- [Data]
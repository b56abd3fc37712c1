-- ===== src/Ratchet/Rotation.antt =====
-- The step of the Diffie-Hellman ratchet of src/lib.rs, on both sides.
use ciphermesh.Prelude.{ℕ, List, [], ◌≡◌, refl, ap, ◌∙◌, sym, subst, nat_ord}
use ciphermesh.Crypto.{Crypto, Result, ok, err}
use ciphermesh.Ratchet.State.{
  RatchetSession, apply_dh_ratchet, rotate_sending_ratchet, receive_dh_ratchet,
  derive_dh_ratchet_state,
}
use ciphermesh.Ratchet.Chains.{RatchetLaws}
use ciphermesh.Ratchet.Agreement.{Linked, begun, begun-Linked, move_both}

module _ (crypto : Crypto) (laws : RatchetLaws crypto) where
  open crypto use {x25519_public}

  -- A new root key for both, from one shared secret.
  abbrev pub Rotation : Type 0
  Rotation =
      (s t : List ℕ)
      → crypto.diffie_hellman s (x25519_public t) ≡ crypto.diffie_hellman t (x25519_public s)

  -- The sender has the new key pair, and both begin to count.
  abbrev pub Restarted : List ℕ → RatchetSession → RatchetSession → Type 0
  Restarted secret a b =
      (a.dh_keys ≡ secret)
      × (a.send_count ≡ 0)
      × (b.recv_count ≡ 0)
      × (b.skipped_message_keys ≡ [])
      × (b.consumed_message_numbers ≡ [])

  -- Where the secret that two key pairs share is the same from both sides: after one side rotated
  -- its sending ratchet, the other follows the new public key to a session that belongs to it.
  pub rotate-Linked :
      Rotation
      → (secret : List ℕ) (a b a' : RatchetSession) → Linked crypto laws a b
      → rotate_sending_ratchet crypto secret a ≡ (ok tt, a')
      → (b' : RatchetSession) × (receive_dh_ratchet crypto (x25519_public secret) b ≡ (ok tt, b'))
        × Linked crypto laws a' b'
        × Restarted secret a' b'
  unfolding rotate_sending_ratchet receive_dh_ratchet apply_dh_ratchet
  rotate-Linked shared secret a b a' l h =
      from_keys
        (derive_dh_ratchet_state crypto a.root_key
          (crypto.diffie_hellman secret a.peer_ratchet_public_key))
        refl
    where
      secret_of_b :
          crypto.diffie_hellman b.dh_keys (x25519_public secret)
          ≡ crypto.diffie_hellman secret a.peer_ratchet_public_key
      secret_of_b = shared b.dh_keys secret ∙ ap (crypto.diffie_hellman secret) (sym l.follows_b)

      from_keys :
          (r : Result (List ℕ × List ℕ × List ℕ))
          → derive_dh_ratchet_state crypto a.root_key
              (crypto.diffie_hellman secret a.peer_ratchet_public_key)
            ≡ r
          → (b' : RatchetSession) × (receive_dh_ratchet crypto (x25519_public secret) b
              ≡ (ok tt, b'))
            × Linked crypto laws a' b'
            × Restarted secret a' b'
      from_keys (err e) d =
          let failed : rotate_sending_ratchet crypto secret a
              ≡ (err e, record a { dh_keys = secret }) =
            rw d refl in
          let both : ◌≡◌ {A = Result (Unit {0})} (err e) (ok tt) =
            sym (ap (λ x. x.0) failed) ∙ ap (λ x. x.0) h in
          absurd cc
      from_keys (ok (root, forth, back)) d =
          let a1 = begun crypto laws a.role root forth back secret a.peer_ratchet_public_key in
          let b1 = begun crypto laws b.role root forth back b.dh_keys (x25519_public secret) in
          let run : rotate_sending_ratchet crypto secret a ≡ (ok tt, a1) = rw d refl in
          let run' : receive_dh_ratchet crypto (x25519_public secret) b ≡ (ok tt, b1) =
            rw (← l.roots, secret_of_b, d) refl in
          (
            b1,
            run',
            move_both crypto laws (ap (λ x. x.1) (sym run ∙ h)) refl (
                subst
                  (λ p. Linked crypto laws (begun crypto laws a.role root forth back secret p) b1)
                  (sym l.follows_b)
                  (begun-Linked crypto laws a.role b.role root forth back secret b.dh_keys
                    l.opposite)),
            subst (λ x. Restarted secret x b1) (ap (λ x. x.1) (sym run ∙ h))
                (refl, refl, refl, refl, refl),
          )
* * *
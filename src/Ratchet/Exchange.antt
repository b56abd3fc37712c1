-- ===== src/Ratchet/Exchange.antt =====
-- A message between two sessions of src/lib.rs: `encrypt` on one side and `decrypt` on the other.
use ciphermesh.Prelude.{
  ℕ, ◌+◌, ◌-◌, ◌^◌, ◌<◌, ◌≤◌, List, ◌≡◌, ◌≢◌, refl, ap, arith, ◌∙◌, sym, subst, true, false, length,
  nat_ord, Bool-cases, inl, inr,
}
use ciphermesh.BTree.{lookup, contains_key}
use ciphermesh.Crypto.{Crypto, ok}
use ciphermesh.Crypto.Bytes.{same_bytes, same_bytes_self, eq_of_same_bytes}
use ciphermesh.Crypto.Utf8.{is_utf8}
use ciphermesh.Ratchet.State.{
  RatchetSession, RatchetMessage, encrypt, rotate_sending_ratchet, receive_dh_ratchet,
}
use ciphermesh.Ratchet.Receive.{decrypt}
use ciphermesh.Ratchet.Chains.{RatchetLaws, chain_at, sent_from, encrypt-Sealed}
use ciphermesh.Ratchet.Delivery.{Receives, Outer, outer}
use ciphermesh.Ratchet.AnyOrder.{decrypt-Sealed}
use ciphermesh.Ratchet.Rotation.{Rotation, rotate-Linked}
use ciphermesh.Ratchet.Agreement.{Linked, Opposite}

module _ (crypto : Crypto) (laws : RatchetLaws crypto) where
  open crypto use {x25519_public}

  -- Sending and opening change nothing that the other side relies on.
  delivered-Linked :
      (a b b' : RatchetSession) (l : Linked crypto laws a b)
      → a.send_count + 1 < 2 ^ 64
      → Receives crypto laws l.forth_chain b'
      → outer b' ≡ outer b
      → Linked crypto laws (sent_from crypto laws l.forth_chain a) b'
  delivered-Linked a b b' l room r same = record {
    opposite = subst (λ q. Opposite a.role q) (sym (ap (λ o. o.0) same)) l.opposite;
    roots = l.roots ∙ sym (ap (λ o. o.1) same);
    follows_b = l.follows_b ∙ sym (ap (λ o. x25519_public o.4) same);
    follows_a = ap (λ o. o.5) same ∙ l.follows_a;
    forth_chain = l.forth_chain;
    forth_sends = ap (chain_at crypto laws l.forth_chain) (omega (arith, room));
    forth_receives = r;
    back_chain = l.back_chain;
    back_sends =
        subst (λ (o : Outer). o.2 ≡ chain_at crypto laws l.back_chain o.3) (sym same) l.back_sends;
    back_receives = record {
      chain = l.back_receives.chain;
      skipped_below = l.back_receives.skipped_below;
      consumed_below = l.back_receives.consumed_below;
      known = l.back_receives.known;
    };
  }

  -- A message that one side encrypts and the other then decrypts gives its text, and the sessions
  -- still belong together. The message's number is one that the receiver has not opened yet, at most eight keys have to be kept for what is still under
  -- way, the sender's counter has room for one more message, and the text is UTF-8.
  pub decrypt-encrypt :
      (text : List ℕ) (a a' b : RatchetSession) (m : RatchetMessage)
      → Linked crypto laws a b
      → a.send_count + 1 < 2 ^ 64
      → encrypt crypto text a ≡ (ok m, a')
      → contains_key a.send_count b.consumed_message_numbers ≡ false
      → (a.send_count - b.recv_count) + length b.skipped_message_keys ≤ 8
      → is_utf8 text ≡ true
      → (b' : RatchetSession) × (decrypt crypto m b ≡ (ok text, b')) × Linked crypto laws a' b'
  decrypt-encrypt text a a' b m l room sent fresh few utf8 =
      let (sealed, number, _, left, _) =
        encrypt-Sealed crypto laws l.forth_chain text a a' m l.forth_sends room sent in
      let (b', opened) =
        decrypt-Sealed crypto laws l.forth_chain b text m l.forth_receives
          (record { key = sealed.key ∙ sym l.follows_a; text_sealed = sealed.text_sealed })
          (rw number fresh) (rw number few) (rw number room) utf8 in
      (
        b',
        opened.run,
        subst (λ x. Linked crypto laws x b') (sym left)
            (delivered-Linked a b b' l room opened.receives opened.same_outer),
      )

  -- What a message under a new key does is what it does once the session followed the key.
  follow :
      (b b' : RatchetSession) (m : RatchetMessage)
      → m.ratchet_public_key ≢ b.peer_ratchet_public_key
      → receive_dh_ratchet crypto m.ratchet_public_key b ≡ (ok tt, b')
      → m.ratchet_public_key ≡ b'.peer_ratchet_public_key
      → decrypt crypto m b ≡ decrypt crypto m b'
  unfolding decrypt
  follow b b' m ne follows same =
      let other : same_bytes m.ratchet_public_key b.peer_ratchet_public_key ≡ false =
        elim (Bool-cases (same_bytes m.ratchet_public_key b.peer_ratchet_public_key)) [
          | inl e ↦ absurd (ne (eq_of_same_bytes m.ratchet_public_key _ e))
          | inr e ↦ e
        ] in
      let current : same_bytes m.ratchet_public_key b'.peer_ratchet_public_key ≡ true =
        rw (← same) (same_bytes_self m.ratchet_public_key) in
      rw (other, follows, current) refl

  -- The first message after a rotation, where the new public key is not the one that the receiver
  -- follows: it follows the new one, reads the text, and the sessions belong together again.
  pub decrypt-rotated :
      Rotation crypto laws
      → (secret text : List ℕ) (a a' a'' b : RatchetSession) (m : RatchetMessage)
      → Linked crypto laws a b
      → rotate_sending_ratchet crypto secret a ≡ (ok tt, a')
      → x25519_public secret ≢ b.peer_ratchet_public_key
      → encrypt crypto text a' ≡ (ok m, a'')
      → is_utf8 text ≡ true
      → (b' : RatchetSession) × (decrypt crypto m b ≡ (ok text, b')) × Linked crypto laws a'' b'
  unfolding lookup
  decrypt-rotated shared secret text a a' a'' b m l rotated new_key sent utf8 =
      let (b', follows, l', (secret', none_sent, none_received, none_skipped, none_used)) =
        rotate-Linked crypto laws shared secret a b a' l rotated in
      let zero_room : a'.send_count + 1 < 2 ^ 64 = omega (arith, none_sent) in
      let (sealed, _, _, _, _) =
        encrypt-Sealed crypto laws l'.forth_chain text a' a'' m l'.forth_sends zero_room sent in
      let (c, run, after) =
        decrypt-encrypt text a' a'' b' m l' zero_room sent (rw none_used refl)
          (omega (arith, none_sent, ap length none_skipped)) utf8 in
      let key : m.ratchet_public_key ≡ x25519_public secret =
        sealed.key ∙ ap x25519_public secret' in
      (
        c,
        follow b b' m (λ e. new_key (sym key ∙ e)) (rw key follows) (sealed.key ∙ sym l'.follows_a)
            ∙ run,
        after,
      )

- [Task objective]
Go through the data and show each line that holds "failed".

- [Written answer]
          let failed : rotate_sending_ratchet crypto secret a
            sym (ap (λ x. x.0) failed) ∙ ap (λ x. x.0) h in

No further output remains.